# Outdated parts of GBAtemp



## Sonicslasher (Mar 5, 2010)

Exhibit A: 






I'll start from top to bottom.
Site Features Index: More about that in Exhibit B.
F.A.Qs.: "Sorry, the link that brought you to this page seems to be out of date or broken."
Podcast: It's missing 14 episodes.
RSS Feeds: It links to a topic and not the directly to the RSS Feed.
Exhibit B:




GBAtemp Podcast (Tempcast): same beef.
Quizzes & Contests: Seems like it should link to a wiki page. I don't really know though.
Wi-Fi Nights: Links to a topic that has been dead since 2007 and isn't the official topic for the present one.
Xzibit:





Exhibit C:




Wiki Tutorial: 500 Internal Server Error
Glossary: Would be nice to see it updated.
Official List of flash card Dealers: Needs the addition of a few things like that recent shop that "GBAtemp Dissaproves"
Official Guide to FlashMe: Flashme is no longer needed (I'm pretty sure anyway)
Guide to DS Emulation Terms: To quote the topic: "THIS GUIDE IS NO LONGER UP TO DATE."
GBAtemp Review Portal:

This is something that really needs to be updated. The outed and out of service cards should be grouped as such. I bought a Ultra Flashpass because of GBAtemp's review for $60. That was in 2008, and it was still outdated then. 

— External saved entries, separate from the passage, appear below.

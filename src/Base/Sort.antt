-- ===== src/Base/Sort.antt =====
-- `Array.prototype.sort` with a comparator, as a stable insertion sort: `before x y` says that the
-- comparator puts `x` before `y`, `comparator(x, y) < 0`.
use Prim.Native.Nat.{suc}
use mathlib.Core.Path.{◌≡◌, refl, ap, ◌∙◌}
use mathlib.Core.Bool.{Bool, true, false, ◌||◌}
use mathlib.Core.List.{List, [], ◌∷◌}
use native.Mathlib.Omega.{arith}
use surebet.Base.Tests.{if◌then◌else◌}
use surebet.Base.Lists.{length, any, All}

module _ {ℓ} {A : Type ℓ} (before : A → A → Bool) where
  unfoldable pub insert_before : A → List A → List A
  insert_before x [] = x ∷ []
  insert_before x (y ∷ ys) =
      let rest = insert_before x ys in if before y x then y ∷ rest else x ∷ y ∷ ys

  unfoldable pub sort_by : List A → List A
  unfolding insert_before
  sort_by [] = []
  sort_by (x ∷ xs) = insert_before x (sort_by xs)

  length-insert_before : (x : A) (xs : List A) → length (insert_before x xs) ≡ suc (length xs)
  unfolding insert_before
  length-insert_before x [] = refl
  length-insert_before x (y ∷ ys) = ground (arith, length-insert_before x ys)

  pub length-sort_by : (xs : List A) → length (sort_by xs) ≡ length xs
  unfolding sort_by
  length-sort_by [] = refl
  length-sort_by (x ∷ xs) = length-insert_before x (sort_by xs) ∙ ap suc (length-sort_by xs)

  any-insert_before :
      (p : A → Bool) (x : A) (xs : List A) → any p (insert_before x xs) ≡ (p x || any p xs)
  unfolding insert_before
  any-insert_before p x [] = refl
  any-insert_before p x (y ∷ ys) = ground (arith, any-insert_before p x ys)

  -- A sort keeps what some element satisfies.
  pub any-sort_by : (p : A → Bool) (xs : List A) → any p (sort_by xs) ≡ any p xs
  unfolding sort_by
  any-sort_by p [] = refl
  any-sort_by p (x ∷ xs) =
      any-insert_before p x (sort_by xs) ∙ ap (λ b. p x || b) (any-sort_by p xs)

  module _ {κ} (P : A → Type κ) where
    All-insert_before : (x : A) (xs : List A) → P x → All P xs → All P (insert_before x xs)
    unfolding insert_before
    All-insert_before x [] p h = (p, tt)
    All-insert_before x (y ∷ ys) p (q, h) = choose (before y x) (All-insert_before x ys p h)
      where
        choose :
            (b : Bool)
            → All P (insert_before x ys)
            → All P (if b then y ∷ insert_before x ys else x ∷ y ∷ ys)
        choose true r = (q, r)
        choose false r = (p, (q, h))

    pub All-sort_by : (xs : List A) → All P xs → All P (sort_by xs)
    unfolding sort_by
    All-sort_by [] h = tt
    All-sort_by (x ∷ xs) (p, h) = All-insert_before x (sort_by xs) p (All-sort_by xs h)
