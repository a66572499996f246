-- ===== src/Base/Text.antt =====
-- Texts of JavaScript over the native `String`: `trim`, `length` in UTF-16 units, truth of a text.
use Prim.Native.Nat.{ℕ, ◌+◌}
use Prim.Native.Char.{Char, code}
use Prim.Native.String
use Prim.Native.String.{String}
use mathlib.Core.Bool.{Bool, true, false, not, ◌&&◌, ◌||◌}
use mathlib.Core.List.{List, [], ◌∷◌, reverse}
use text.Mathlib.Text.{◌==◌}
use surebet.Base.Tests.{leb, eqb, if◌then◌else◌}

infixr 66 ◌^^◌
-- Concatenation.
abbrev pub ◌^^◌ : String → String → String
s ^^ t = String.◌++◌ s t

-- The code points that `trim` and `\s` treat as white space.
unfoldable pub is_space : ℕ → Bool
is_space c =
    (leb 9 c && leb c 13)
    || eqb c 32
    || eqb c 160
    || eqb c 5760
    || (leb 8192 c && leb c 8202)
    || eqb c 8232
    || eqb c 8233
    || eqb c 8239
    || eqb c 8287
    || eqb c 12288
    || eqb c 65279

unfoldable pub chars : String → List Char
chars String.[] = []
chars (String.◌∷◌ c s) = c ∷ chars s

unfoldable pub of_chars : List Char → String
of_chars [] = ""
of_chars (c ∷ cs) = String.◌∷◌ c (of_chars cs)

unfoldable pub drop_spaces : List Char → List Char
drop_spaces [] = []
drop_spaces (c ∷ cs) = let rest = drop_spaces cs in if is_space (code c) then rest else c ∷ cs

-- `value.trim()`
unfoldable pub trim : String → String
unfolding is_space chars of_chars drop_spaces
trim s = of_chars (reverse (drop_spaces (reverse (drop_spaces (chars s)))))

-- `value.length`
unfoldable pub utf16_length : String → ℕ
utf16_length String.[] = 0
utf16_length (String.◌∷◌ c s) = (if leb 65536 (code c) then 2 else 1) + utf16_length s

-- A text as a condition: the empty text is false.
abbrev pub truthy : String → Bool
truthy s = not (s == "")

abbrev pub falsy : String → Bool
falsy s = s == ""

-- A code point, an ASCII letter in lower case.
unfoldable pub ascii_lower : ℕ → ℕ
ascii_lower c = if leb b'A' c && leb c b'Z' then c + 32 else c

-- The text begins with the pattern, whatever the case of ASCII letters.
unfoldable pub begins_with : List Char → List Char → Bool
unfolding ascii_lower
begins_with [] cs = true
begins_with (p ∷ ps) [] = false
begins_with (p ∷ ps) (c ∷ cs) =
    let rest = begins_with ps cs in eqb (ascii_lower (code p)) (ascii_lower (code c)) && rest
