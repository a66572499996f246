-- ===== src/Base/Decimal.antt =====
-- The text of a whole number, `String(n)`, and reading it back.
use Prim.Native.Nat.{ℕ, zero, suc, ◌+◌, ◌-◌, ◌*◌, ◌/◌, ◌%◌, ◌≤◌, ◌<◌}
use Prim.Native.Char.{Char, code, char}
use Prim.Native.String.append
use Prim.Native.String.{String}
use mathlib.Core.Path.{◌≡◌, sym, refl, ap, ◌∙◌}
use mathlib.Core.Logic.{inl, inr}
use mathlib.Core.Bool.{true}
use mathlib.Core.List.{List, [], ◌∷◌, ◌++◌}
use native.Mathlib.Omega.{arith}
use surebet.Base.Tests.{ltb, Bool-cases, if◌then◌else◌}
use surebet.Base.Lists.{length, drop}
use surebet.Base.Text.{chars, of_chars, ◌^^◌}

digit : ℕ → Char
digit zero = char 48 tt
digit (suc zero) = char 49 tt
digit (suc (suc zero)) = char 50 tt
digit (suc (suc (suc zero))) = char 51 tt
digit (suc (suc (suc (suc zero)))) = char 52 tt
digit (suc (suc (suc (suc (suc zero))))) = char 53 tt
digit (suc (suc (suc (suc (suc (suc zero)))))) = char 54 tt
digit (suc (suc (suc (suc (suc (suc (suc zero))))))) = char 55 tt
digit (suc (suc (suc (suc (suc (suc (suc (suc zero)))))))) = char 56 tt
digit n = char 57 tt

code-digit : (d : ℕ) → d < 10 → code (digit d) ≡ 48 + d
unfolding digit
code-digit zero h = omega arith
code-digit (suc zero) h = omega arith
code-digit (suc (suc zero)) h = omega arith
code-digit (suc (suc (suc zero))) h = omega arith
code-digit (suc (suc (suc (suc zero)))) h = omega arith
code-digit (suc (suc (suc (suc (suc zero))))) h = omega arith
code-digit (suc (suc (suc (suc (suc (suc zero)))))) h = omega arith
code-digit (suc (suc (suc (suc (suc (suc (suc zero))))))) h = omega arith
code-digit (suc (suc (suc (suc (suc (suc (suc (suc zero)))))))) h = omega arith
code-digit (suc (suc (suc (suc (suc (suc (suc (suc (suc zero))))))))) h = omega arith
code-digit (suc (suc (suc (suc (suc (suc (suc (suc (suc (suc d)))))))))) h = absurd (omega arith)

-- The digits of a number in front of those read before, on fuel
text_from : ℕ → ℕ → List Char → List Char
unfolding digit
text_from zero n out = out
text_from (suc fuel) n out =
    let rest = text_from fuel (n / 10) (digit (n % 10) ∷ out) in
    if ltb n 10 then digit (n % 10) ∷ out else rest

unfoldable pub number_text : ℕ → String
unfolding text_from of_chars
number_text n = of_chars (text_from (suc n) n [])

value : List Char → ℕ → ℕ
value [] n = n
value (c ∷ cs) n = value cs (n * 10 + (code c - 48))

value-digit : (n : ℕ) (out : List Char) → value (digit (n % 10) ∷ out) (n / 10) ≡ value out n
unfolding value
value-digit n out = ap (value out) (omega (arith, code-digit (n % 10) (omega arith)))

value-nil : (n : ℕ) → value [] n ≡ n
unfolding value
value-nil n = refl

value-no_tens :
    (n : ℕ) (out : List Char)
    → n / 10 ≡ 0
    → value (digit (n % 10) ∷ out) 0 ≡ value (digit (n % 10) ∷ out) (n / 10)
value-no_tens n out h = ap (value (digit (n % 10) ∷ out)) (omega arith)

value-text_from :
    (fuel n : ℕ) (out : List Char) → n ≤ fuel → value (text_from (suc fuel) n out) 0 ≡ value out n
unfolding text_from
value-text_from zero n out h =
    let small : ltb n 10 ≡ true = ground arith in
    let none_before : n / 10 ≡ 0 = omega arith in
    rw small (value-no_tens n out none_before ∙ value-digit n out)
value-text_from (suc fuel) n out h = elim (Bool-cases (ltb n 10)) [
  | inl small ↦
      let none_before : n / 10 ≡ 0 = ground arith in
      rw small (value-no_tens n out none_before ∙ value-digit n out)
  | inr large ↦
      let fits : n / 10 ≤ fuel = ground arith in
      rw large (value-text_from fuel (n / 10) (digit (n % 10) ∷ out) fits ∙ value-digit n out)
]

chars-of_chars : (l : List Char) → chars (of_chars l) ≡ l
unfolding chars of_chars
chars-of_chars [] = refl
chars-of_chars (c ∷ l) = ap (λ t. c ∷ t) (chars-of_chars l)

chars-append : (s t : String) → chars (s ^^ t) ≡ chars s ++ chars t
unfolding chars
chars-append String.[] t = ap chars (append.nil t)
chars-append (String.◌∷◌ c s) t = ap chars (append.cons c s t) ∙ ap (λ l. c ∷ l) (chars-append s t)

drop-append {ℓ} : {A : Type ℓ} (xs ys : List A) → drop (length xs) (xs ++ ys) ≡ ys
drop-append [] ys = refl
drop-append (x ∷ xs) ys = drop-append xs ys

-- The number after a prefix
number_after : String → String → ℕ
number_after prefix s = value (drop (length (chars prefix)) (chars s)) 0

number_after-append : (prefix : String) (n : ℕ) → number_after prefix (prefix ^^ number_text n) ≡ n
unfolding number_after number_text
number_after-append prefix n =
    rw
      (
        chars-append prefix (of_chars (text_from (suc n) n [])),
        drop-append (chars prefix) (chars (of_chars (text_from (suc n) n []))),
        chars-of_chars (text_from (suc n) n []),
      )
      (value-text_from n n [] (omega arith) ∙ value-nil n)

-- Two numbers with the same text after a prefix are one.
pub numbered_injective :
    (prefix : String) (m n : ℕ) → prefix ^^ number_text m ≡ prefix ^^ number_text n → m ≡ n
numbered_injective prefix m n e =
    sym (number_after-append prefix m) ∙ ap (number_after prefix) e ∙ number_after-append prefix n
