-- ===== src/Base/Outcome.antt =====
-- What a call that may throw comes to: a value, or the message of the error. A method that also
-- changes its object gives the object back beside the outcome, in both cases.
use Prim.Native.String.{String}

pub data Outcome {ℓ} (A : Type ℓ) : Type ℓ where
  returned : A → Outcome A
  threw : String → Outcome A

-- A method on an object of type `S`.
abbrev pub Method {ℓ} : Type ℓ → Type ℓ → Type ℓ
Method S A = S → Outcome A × S

module _ {ℓ} {S A B : Type ℓ} where
  abbrev pub continue : (A → Method S B) → Outcome A → S → Outcome B × S
  continue f (returned a) s = f a s
  continue f (threw e) s = (threw e, s)

  infixl 10 ◌>>=◌ ◌>>◌
  abbrev pub ◌>>=◌ : Method S A → (A → Method S B) → Method S B
  ◌>>=◌ m f s = let (o, s') = m s in continue f o s'

  abbrev pub ◌>>◌ : Method S A → Method S B → Method S B
  m >> k = m >>= λ _. k

module _ {ℓ} {S A : Type ℓ} where
  abbrev pub pure : A → Method S A
  pure a s = (returned a, s)

  -- A call that changes nothing of the object.
  abbrev pub lift : Outcome A → Method S A
  lift o s = (o, s)

  abbrev pub handle : (String → Method S A) → Outcome A → S → Outcome A × S
  handle k (returned a) s = (returned a, s)
  handle k (threw e) s = k e s

  -- `try { m } catch (cause) { k }`
  abbrev pub catching : Method S A → (String → Method S A) → Method S A
  catching m k s = let (o, s') = m s in handle k o s'
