-- ===== src/Base/Words.antt =====
-- Prefixes of a text, its words, `join`, and a number's decimal text.
use Prim.Native.Char.{Char, code}
use Prim.Native.String.{String}
use mathlib.Core.Bool.{Bool}
use mathlib.Core.Option.{Option, none, some}
use mathlib.Core.List.{List, [], ◌∷◌, reverse}
use surebet.Base.Tests.{eqb, is_some, if◌then◌else◌}
use surebet.Base.Text.{chars, of_chars, ◌^^◌}

-- What follows a prefix
unfoldable pub after_chars : List Char → List Char → Option (List Char)
after_chars [] cs = some cs
after_chars (p ∷ ps) [] = none
after_chars (p ∷ ps) (c ∷ cs) =
    let rest = after_chars ps cs in if eqb (code p) (code c) then rest else none

-- `s.startsWith(prefix)`, then `s.slice(prefix.length)`
unfoldable pub after_prefix : String → String → Option String
unfolding after_chars chars of_chars
after_prefix prefix s = elim (after_chars (chars prefix) (chars s)) [
  | none ↦ none
  | some rest ↦ some (of_chars rest)
]

unfoldable pub starts_with : String → String → Bool
unfolding after_chars chars
starts_with prefix s = is_some (after_chars (chars prefix) (chars s))

-- A word that was read backwards, in front of the words after it
unfoldable pub add_word : List Char → List String → List String
unfolding of_chars
add_word [] words = words
add_word (c ∷ cs) words = of_chars (reverse (c ∷ cs)) ∷ words

unfoldable pub words_from : List Char → List Char → List String
unfolding add_word
words_from held [] = add_word held []
words_from held (c ∷ cs) =
    let rest = words_from (if eqb (code c) 32 then [] else c ∷ held) cs in
    if eqb (code c) 32 then add_word held rest else rest

-- `s.split(" ").filter(Boolean)`
unfoldable pub words : String → List String
unfolding words_from chars
words s = words_from [] (chars s)

-- `texts.join(separator)`
unfoldable pub join : String → List String → String
join separator [] = ""
join separator (s ∷ []) = s
join separator (s ∷ t ∷ texts) = s ^^ separator ^^ join separator (t ∷ texts)
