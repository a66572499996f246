-- ===== src/Number.antt =====
-- A JavaScript number: a multiple of one millionth, or one of the values that are not finite. The
-- program's odds, stakes, balances and times have at most six decimals; arithmetic is exact here, as
-- on whole numbers below 2 ^ 53. Doubles is the arithmetic that rounds.
use surebet.Base.{
  ℕ, suc, ◌-◌, ◌||◌, ◌+◌, ◌*◌, ◌%◌, ◌/◌, ◌≡◌, refl, Bool, true, false, not, ◌&&◌, leb, eqb,
  if◌then◌else◌,
}
use surebet.Base.Int.{ℤ, pos, negsuc, magnitude, sub_ℕ, ◌+ℤ◌, ◌-ℤ◌, ltb_ℤ, leb_ℤ, eqb_ℤ, eqb_self}

pub data Number : Type 0 where
  -- so many millionths
  fin : ℤ → Number
  nan infinity neg_infinity : Number

abbrev pub unit : ℕ
unit = 1_000_000

-- A whole number.
abbrev pub whole : ℕ → Number
whole n = fin (pos (n * unit))

abbrev pub zero_number : Number
zero_number = fin (pos 0)

-- `Number.isFinite`
abbrev pub is_finite : Number → Bool
is_finite (fin a) = true
is_finite _ = false

-- `a === b`, false at NaN
abbrev pub number_eq : Number → Number → Bool
number_eq (fin a) (fin b) = eqb_ℤ a b
number_eq infinity infinity = true
number_eq neg_infinity neg_infinity = true
number_eq _ _ = false

-- `a < b`
abbrev pub number_lt : Number → Number → Bool
number_lt (fin a) (fin b) = ltb_ℤ a b
number_lt (fin a) infinity = true
number_lt neg_infinity (fin b) = true
number_lt neg_infinity infinity = true
number_lt _ _ = false

-- `a <= b`
abbrev pub number_le : Number → Number → Bool
number_le (fin a) (fin b) = leb_ℤ a b
number_le (fin a) infinity = true
number_le infinity infinity = true
number_le neg_infinity (fin b) = true
number_le neg_infinity infinity = true
number_le neg_infinity neg_infinity = true
number_le _ _ = false

-- `a - b`
unfoldable pub number_sub : Number → Number → Number
number_sub (fin a) (fin b) = fin (a -ℤ b)
number_sub (fin a) infinity = neg_infinity
number_sub (fin a) neg_infinity = infinity
number_sub infinity (fin b) = infinity
number_sub infinity neg_infinity = infinity
number_sub neg_infinity (fin b) = neg_infinity
number_sub neg_infinity infinity = neg_infinity
number_sub _ _ = nan

-- `a + b`
unfoldable pub number_plus : Number → Number → Number
number_plus (fin a) (fin b) = fin (a +ℤ b)
number_plus (fin a) b = b
number_plus nan b = nan
number_plus infinity nan = nan
number_plus infinity neg_infinity = nan
number_plus infinity b = infinity
number_plus neg_infinity nan = nan
number_plus neg_infinity infinity = nan
number_plus neg_infinity b = neg_infinity

-- Two numbers with the same JSON text: what is not finite is written `null`.
abbrev pub json_number_eq : Number → Number → Bool
json_number_eq (fin a) (fin b) = eqb_ℤ a b
json_number_eq (fin a) b = false
json_number_eq a (fin b) = false
json_number_eq a b = true

-- `Math.abs`
unfoldable pub number_abs : Number → Number
number_abs (fin a) = fin (pos (magnitude a))
number_abs neg_infinity = infinity
number_abs a = a

-- `Number.isSafeInteger`: a whole number of at most 2 ^ 53 - 1 in size.
unfoldable pub is_safe_integer : Number → Bool
is_safe_integer (fin a) =
    eqb (magnitude a % unit) 0 && leb (magnitude a / unit) 9_007_199_254_740_991
is_safe_integer _ = false

-- `Math.min` and `Math.max` of two numbers
unfoldable pub number_min : Number → Number → Number
number_min nan b = nan
number_min a nan = nan
number_min a b = if number_lt b a then b else a

unfoldable pub number_max : Number → Number → Number
number_max nan b = nan
number_max a nan = nan
number_max a b = if number_lt a b then b else a

-- `value || fallback` on numbers: zero and NaN are false.
unfoldable pub number_or : Number → Number → Number
number_or nan d = d
number_or a d = if number_eq a zero_number then d else a

-- `a % b !== 0`
unfoldable pub not_multiple : Number → Number → Bool
not_multiple (fin a) (fin b) = eqb (magnitude b) 0 || not (eqb (magnitude a % magnitude b) 0)
not_multiple (fin a) nan = true
not_multiple (fin a) _ = not (eqb (magnitude a) 0)
not_multiple _ _ = true

-- A number times a whole number that is not 0.
unfoldable pub number_times : Number → ℕ → Number
number_times (fin (pos n)) k = fin (pos (n * k))
number_times (fin (negsuc n)) k = fin (sub_ℕ 0 (suc n * k))
number_times a k = a

-- The nearest multiple of `step` millionths, a half rounded up.
unfoldable pub round_to : ℕ → Number → Number
round_to step (fin (pos n)) = fin (pos ((n + step / 2) / step * step))
round_to step (fin (negsuc n)) = fin (sub_ℕ 0 ((suc n + (step - 1) / 2) / step * step))
round_to step a = a

-- `Math.round` and `Math.floor`
abbrev pub number_round : Number → Number
number_round a = round_to unit a

unfoldable pub number_floor : Number → Number
number_floor (fin (pos n)) = fin (pos (n / unit * unit))
number_floor (fin (negsuc n)) = fin (sub_ℕ 0 ((suc n + (unit - 1)) / unit * unit))
number_floor a = a

pub number_eq_self : (a : Number) → is_finite a ≡ true → number_eq a a ≡ true
number_eq_self (fin a) h = eqb_self a
number_eq_self nan h = h
number_eq_self infinity h = refl
number_eq_self neg_infinity h = refl

pub json_number_eq_self : (a : Number) → json_number_eq a a ≡ true
json_number_eq_self (fin a) = eqb_self a
json_number_eq_self nan = refl
json_number_eq_self infinity = refl
json_number_eq_self neg_infinity = refl
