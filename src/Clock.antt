-- ===== src/Clock.antt =====
-- The clock and the reading of times that the collector and the dashboard take from JavaScript.
use surebet.Base.{String}
use surebet.Number.{Number}

-- The clock of one operation: `Date.parse` in milliseconds or NaN, `Date.now()`, and the text of
-- `new Date().toISOString()`.
pub record Clock : Type 0 where
  pub date_parse : String → Number
  pub now : Number
  pub now_iso : String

There's probably some other dated stuff that's been bothering me, but this is all I can recall for now.


----------



## Hadrian (Mar 5, 2010)

Guildy Pops does it now.  Maybe a link to his "stuff" blog will be better.
http://gbatemp.net/index.php?showtopic=200097


----------



## tj_cool (Mar 5, 2010)

Sonicslasher said:
			
		

> Glossary: Would be nice to see it updated.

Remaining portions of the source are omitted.